### Records to process
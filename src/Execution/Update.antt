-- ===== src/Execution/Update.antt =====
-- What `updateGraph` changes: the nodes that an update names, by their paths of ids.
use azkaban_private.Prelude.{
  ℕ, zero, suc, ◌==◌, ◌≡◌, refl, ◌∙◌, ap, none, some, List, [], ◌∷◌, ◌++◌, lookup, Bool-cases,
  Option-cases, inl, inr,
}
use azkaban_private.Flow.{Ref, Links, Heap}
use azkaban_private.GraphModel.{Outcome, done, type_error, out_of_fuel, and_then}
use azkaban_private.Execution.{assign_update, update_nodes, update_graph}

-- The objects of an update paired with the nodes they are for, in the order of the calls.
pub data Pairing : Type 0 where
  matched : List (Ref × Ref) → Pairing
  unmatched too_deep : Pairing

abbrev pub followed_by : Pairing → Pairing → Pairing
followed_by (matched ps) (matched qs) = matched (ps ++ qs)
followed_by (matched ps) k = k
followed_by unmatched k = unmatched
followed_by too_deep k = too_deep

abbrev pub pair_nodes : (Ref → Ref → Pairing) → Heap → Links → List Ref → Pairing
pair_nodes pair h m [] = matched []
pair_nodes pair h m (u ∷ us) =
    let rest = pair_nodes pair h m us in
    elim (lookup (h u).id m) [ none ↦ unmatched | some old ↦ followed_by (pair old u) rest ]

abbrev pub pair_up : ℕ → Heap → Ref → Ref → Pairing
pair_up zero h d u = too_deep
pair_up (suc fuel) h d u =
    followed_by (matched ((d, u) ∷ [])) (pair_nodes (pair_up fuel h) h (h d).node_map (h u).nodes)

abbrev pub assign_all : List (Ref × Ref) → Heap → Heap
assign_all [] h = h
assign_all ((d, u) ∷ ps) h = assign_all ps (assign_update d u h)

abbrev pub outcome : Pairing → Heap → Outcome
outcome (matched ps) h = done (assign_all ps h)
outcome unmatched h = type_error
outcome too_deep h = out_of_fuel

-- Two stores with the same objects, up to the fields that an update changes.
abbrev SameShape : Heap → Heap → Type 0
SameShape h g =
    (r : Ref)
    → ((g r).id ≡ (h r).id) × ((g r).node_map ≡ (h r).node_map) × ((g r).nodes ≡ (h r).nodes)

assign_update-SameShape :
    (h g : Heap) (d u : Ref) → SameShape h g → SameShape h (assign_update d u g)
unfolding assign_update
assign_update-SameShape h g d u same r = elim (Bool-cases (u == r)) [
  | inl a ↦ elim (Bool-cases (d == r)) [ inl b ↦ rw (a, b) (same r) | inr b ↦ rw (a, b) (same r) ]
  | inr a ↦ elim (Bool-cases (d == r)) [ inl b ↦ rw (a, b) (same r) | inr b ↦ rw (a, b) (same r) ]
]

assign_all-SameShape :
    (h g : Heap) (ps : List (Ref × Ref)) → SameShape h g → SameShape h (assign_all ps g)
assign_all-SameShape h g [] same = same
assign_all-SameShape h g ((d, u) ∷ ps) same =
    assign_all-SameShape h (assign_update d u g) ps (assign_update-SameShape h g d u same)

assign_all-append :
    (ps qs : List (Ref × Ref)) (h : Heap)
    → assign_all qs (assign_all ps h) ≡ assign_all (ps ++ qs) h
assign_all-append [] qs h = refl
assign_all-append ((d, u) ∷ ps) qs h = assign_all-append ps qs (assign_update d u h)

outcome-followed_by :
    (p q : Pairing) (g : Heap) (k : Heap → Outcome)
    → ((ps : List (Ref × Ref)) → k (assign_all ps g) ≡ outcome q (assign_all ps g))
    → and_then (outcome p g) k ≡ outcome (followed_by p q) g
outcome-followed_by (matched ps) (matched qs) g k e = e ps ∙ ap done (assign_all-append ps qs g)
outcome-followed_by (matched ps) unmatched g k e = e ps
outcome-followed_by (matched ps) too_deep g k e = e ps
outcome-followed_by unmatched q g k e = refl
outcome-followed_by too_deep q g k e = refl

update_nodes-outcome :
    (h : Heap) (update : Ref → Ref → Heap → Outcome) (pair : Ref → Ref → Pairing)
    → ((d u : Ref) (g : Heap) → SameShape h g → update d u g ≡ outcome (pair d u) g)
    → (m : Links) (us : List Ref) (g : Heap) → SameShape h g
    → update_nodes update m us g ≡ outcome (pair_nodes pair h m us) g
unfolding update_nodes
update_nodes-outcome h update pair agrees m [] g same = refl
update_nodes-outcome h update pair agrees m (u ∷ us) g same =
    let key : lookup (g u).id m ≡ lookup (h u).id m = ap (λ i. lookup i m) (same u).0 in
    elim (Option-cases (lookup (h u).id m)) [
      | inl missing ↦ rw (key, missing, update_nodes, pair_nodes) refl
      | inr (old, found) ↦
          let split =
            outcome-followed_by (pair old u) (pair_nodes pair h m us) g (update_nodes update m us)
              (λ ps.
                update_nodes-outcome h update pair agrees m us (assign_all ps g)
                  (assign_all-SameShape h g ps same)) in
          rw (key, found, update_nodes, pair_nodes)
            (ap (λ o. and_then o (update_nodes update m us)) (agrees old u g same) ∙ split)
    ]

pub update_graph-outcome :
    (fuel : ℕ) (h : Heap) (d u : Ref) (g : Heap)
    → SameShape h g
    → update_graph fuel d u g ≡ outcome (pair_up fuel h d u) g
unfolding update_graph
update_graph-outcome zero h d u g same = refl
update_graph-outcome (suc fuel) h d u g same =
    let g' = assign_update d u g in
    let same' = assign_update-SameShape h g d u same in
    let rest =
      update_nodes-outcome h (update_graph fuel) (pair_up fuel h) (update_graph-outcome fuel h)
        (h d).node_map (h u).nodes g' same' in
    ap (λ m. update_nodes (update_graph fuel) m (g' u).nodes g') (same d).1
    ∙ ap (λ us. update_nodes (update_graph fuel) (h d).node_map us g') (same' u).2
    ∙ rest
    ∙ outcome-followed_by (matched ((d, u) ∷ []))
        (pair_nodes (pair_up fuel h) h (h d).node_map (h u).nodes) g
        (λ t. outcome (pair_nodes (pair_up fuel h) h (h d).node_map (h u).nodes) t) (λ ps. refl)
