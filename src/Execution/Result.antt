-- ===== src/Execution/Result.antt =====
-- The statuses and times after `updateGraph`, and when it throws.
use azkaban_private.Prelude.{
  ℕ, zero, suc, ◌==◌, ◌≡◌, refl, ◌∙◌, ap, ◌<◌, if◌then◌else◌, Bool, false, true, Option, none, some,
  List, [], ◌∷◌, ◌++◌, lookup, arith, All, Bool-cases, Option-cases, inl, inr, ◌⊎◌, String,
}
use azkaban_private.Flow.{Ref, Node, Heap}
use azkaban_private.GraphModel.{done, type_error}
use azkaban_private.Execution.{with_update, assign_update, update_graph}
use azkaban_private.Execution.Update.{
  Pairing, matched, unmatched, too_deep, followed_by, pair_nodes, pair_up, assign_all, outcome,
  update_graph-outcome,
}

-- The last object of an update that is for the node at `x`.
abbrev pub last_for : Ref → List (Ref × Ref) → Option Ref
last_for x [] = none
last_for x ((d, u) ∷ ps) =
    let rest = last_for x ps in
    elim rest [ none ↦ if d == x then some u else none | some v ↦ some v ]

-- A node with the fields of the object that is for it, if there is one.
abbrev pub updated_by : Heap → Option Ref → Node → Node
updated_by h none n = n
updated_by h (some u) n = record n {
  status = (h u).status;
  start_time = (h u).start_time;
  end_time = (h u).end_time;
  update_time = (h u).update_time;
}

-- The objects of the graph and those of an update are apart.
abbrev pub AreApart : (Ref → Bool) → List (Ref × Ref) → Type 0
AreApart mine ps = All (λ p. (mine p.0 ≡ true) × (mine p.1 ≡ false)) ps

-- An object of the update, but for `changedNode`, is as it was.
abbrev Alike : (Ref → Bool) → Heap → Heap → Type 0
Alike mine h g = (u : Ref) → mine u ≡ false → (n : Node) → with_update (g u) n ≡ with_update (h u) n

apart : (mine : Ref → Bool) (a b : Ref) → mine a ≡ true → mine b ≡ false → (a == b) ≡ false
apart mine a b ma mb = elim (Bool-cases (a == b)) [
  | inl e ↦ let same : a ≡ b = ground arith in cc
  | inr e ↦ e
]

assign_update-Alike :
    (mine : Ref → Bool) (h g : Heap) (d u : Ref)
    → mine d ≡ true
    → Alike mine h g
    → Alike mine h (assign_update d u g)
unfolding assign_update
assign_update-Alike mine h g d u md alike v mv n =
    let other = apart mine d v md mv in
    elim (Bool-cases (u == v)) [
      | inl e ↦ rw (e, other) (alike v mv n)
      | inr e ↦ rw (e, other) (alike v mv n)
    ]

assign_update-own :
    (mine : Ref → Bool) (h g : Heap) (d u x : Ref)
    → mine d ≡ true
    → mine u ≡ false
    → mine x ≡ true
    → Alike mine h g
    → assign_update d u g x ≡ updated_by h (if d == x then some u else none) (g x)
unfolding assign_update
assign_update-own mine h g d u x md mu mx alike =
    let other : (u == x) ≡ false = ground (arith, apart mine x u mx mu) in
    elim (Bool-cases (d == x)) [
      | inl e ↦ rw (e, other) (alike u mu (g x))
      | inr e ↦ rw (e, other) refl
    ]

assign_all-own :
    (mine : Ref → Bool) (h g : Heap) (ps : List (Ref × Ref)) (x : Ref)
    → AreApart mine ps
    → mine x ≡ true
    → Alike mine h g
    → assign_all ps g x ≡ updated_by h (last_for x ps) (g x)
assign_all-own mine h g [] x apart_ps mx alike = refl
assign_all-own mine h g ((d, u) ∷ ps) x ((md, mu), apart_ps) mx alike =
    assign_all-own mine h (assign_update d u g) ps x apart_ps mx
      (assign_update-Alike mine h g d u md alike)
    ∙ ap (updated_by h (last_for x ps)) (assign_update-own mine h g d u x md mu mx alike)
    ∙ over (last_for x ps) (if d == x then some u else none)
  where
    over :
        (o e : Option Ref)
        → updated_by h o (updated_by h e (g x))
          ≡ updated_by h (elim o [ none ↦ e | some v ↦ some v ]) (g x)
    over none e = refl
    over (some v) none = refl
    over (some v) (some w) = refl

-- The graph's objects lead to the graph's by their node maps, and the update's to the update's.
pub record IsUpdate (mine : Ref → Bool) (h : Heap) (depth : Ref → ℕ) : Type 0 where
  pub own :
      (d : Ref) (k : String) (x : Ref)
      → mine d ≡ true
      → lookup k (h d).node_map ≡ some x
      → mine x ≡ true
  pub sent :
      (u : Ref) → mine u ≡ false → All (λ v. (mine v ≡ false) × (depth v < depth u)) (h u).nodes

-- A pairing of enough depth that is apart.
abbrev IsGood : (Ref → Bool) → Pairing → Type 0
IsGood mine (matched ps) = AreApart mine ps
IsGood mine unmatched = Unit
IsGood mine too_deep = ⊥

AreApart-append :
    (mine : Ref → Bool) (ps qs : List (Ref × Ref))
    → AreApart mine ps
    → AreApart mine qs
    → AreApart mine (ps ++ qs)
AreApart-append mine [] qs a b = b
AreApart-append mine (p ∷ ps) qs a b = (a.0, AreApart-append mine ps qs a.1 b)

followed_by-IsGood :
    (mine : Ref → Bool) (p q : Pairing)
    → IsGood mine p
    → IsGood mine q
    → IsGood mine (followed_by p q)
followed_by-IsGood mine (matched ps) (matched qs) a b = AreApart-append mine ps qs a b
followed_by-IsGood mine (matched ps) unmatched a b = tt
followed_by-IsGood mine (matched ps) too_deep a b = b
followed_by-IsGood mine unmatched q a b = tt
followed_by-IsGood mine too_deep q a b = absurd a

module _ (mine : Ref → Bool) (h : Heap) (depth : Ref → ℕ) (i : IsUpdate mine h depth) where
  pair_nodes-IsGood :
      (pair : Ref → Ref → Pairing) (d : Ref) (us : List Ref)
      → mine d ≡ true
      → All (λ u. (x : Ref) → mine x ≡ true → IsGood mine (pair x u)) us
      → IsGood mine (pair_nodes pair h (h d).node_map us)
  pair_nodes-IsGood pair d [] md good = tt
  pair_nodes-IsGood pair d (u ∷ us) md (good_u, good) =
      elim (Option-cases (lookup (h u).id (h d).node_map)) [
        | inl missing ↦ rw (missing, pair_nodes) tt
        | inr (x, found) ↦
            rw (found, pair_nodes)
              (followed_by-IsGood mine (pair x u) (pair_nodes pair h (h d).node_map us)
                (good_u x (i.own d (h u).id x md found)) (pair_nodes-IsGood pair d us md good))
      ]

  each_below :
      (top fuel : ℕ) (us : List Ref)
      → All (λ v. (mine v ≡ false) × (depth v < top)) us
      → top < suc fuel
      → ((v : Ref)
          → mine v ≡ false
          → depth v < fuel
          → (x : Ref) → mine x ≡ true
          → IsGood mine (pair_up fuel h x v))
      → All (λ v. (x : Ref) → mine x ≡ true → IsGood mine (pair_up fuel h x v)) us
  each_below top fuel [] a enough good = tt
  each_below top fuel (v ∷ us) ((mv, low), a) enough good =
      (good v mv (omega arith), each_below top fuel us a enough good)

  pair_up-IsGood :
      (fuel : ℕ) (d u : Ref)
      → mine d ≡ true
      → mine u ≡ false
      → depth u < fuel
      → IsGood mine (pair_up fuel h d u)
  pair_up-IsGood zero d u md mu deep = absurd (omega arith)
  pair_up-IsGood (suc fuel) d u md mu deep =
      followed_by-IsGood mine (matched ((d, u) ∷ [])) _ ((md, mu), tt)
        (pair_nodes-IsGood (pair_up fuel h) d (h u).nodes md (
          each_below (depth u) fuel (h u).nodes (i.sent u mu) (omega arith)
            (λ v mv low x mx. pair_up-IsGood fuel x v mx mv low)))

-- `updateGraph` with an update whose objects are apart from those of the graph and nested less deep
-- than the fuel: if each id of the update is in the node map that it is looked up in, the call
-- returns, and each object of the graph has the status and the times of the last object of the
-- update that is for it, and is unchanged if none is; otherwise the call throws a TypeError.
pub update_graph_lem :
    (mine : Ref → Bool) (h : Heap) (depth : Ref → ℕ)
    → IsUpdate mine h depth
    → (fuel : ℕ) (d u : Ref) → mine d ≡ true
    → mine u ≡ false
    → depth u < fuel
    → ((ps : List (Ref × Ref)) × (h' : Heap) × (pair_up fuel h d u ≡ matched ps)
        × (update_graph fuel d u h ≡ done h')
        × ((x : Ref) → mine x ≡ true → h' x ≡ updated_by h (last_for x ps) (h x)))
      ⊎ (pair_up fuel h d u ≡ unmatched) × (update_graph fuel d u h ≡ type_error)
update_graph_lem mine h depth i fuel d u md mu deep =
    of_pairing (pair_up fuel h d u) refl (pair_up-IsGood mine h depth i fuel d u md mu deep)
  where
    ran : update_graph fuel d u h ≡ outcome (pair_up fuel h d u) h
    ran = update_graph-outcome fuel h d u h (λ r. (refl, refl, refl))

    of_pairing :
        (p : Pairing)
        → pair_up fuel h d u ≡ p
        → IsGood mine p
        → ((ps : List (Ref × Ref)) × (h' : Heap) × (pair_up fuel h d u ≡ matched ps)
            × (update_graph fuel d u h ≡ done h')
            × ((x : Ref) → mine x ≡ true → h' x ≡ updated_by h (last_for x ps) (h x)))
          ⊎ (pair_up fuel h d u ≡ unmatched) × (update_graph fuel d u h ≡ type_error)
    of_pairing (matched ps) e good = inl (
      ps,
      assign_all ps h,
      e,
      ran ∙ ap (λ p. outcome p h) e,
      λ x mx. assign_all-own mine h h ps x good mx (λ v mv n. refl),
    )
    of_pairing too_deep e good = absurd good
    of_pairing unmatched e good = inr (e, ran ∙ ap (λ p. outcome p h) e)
######
▶ [Exercise details]
Out of the records above, pick each line that contains the string "throws".

▶ [Final answer]
-- The statuses and times after `updateGraph`, and when it throws.
-- update that is for it, and is unchanged if none is; otherwise the call throws a TypeError.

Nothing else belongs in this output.